WORK ORDER: Restate, word for word, the lines from the opening line of the data through the line containing "is_source_role gate = true", both included, and nothing else.

• • • •

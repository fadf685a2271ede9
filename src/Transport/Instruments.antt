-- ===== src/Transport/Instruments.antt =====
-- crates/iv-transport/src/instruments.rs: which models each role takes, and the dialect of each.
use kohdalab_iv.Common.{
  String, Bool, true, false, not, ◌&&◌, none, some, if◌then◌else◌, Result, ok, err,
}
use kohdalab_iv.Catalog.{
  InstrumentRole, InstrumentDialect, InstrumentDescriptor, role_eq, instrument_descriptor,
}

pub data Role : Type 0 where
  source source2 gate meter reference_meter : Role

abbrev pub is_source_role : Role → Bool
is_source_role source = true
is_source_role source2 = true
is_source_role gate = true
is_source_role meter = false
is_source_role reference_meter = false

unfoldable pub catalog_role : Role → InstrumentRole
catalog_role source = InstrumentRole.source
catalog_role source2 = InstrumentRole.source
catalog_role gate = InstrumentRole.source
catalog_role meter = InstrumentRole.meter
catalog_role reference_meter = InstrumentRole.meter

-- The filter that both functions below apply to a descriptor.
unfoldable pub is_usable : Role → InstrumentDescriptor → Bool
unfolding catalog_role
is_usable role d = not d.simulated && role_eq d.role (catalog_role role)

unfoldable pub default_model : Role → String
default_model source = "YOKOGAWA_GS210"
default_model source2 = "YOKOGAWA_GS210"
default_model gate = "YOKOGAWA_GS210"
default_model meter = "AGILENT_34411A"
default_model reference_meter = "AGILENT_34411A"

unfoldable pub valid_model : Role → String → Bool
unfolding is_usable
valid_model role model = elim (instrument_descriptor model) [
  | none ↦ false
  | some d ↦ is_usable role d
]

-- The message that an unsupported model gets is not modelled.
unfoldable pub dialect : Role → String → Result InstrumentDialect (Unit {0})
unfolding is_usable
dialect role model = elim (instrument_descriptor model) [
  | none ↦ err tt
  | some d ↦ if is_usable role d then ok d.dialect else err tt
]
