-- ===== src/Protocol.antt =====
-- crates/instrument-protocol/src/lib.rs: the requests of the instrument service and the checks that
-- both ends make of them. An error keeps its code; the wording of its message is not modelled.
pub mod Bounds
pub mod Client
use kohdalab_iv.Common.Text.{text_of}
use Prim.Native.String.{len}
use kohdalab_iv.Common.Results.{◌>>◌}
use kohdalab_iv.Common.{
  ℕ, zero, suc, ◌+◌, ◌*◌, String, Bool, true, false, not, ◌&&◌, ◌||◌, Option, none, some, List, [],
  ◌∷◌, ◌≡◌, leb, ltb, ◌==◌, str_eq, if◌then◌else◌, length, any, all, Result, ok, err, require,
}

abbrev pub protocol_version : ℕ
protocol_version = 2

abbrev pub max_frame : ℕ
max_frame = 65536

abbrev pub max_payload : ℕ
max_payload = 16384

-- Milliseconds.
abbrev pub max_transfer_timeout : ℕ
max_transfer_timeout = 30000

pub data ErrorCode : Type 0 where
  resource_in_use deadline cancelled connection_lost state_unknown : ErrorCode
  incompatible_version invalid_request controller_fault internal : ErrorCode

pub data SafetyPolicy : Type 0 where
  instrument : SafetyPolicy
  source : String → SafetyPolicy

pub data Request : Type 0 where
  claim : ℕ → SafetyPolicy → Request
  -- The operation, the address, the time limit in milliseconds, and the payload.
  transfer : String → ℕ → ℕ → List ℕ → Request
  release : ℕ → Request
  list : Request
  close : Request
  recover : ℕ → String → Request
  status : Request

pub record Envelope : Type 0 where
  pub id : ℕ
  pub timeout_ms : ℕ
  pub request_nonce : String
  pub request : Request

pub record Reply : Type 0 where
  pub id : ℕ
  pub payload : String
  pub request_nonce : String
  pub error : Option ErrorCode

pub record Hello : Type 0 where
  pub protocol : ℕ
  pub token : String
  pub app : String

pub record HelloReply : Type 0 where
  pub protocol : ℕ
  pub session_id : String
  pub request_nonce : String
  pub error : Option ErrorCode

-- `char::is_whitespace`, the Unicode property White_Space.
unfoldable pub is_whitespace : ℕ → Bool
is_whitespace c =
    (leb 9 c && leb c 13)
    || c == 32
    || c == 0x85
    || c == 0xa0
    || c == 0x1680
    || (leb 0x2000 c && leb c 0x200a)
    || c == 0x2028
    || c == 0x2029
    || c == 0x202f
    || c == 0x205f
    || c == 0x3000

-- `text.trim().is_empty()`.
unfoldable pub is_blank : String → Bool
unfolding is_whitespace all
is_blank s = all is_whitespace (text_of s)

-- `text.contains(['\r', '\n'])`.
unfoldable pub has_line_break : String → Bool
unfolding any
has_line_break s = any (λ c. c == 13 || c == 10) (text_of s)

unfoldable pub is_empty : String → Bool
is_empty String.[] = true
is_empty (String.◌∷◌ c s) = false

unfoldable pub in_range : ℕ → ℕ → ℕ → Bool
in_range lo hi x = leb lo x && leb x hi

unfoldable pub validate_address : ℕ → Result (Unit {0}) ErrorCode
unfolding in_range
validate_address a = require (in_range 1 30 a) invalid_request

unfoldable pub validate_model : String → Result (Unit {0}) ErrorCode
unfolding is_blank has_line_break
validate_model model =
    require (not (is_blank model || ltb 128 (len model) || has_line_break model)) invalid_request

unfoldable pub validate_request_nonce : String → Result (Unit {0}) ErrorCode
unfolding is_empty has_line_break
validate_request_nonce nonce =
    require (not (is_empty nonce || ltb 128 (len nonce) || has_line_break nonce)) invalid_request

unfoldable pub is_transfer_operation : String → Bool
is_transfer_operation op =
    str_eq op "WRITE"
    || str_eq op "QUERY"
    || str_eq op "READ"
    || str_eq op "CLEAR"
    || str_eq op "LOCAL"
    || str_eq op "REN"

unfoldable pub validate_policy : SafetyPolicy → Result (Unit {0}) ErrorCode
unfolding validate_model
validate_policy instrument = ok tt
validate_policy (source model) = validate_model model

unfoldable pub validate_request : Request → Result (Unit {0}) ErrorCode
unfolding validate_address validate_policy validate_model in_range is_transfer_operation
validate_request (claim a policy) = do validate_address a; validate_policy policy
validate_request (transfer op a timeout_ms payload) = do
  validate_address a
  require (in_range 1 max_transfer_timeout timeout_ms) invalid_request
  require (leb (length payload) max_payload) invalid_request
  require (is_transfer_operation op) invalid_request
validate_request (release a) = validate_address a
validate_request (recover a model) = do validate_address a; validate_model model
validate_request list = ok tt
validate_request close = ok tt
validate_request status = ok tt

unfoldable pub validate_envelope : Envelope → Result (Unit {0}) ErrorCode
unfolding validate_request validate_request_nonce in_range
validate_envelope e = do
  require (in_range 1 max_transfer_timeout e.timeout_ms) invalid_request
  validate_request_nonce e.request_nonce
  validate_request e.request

• • • •

REPLY:
repository fadf685a2271ede9
filename src/Transport/Instruments.antt
-- ===== src/Transport/Instruments.antt =====
-- crates/iv-transport/src/instruments.rs: which models each role takes, and the dialect of each.
use kohdalab_iv.Common.{
  String, Bool, true, false, not, ◌&&◌, none, some, if◌then◌else◌, Result, ok, err,
}
use kohdalab_iv.Catalog.{
  InstrumentRole, InstrumentDialect, InstrumentDescriptor, role_eq, instrument_descriptor,
}

pub data Role : Type 0 where
  source source2 gate meter reference_meter : Role

abbrev pub is_source_role : Role → Bool
is_source_role source = true
is_source_role source2 = true
is_source_role gate = true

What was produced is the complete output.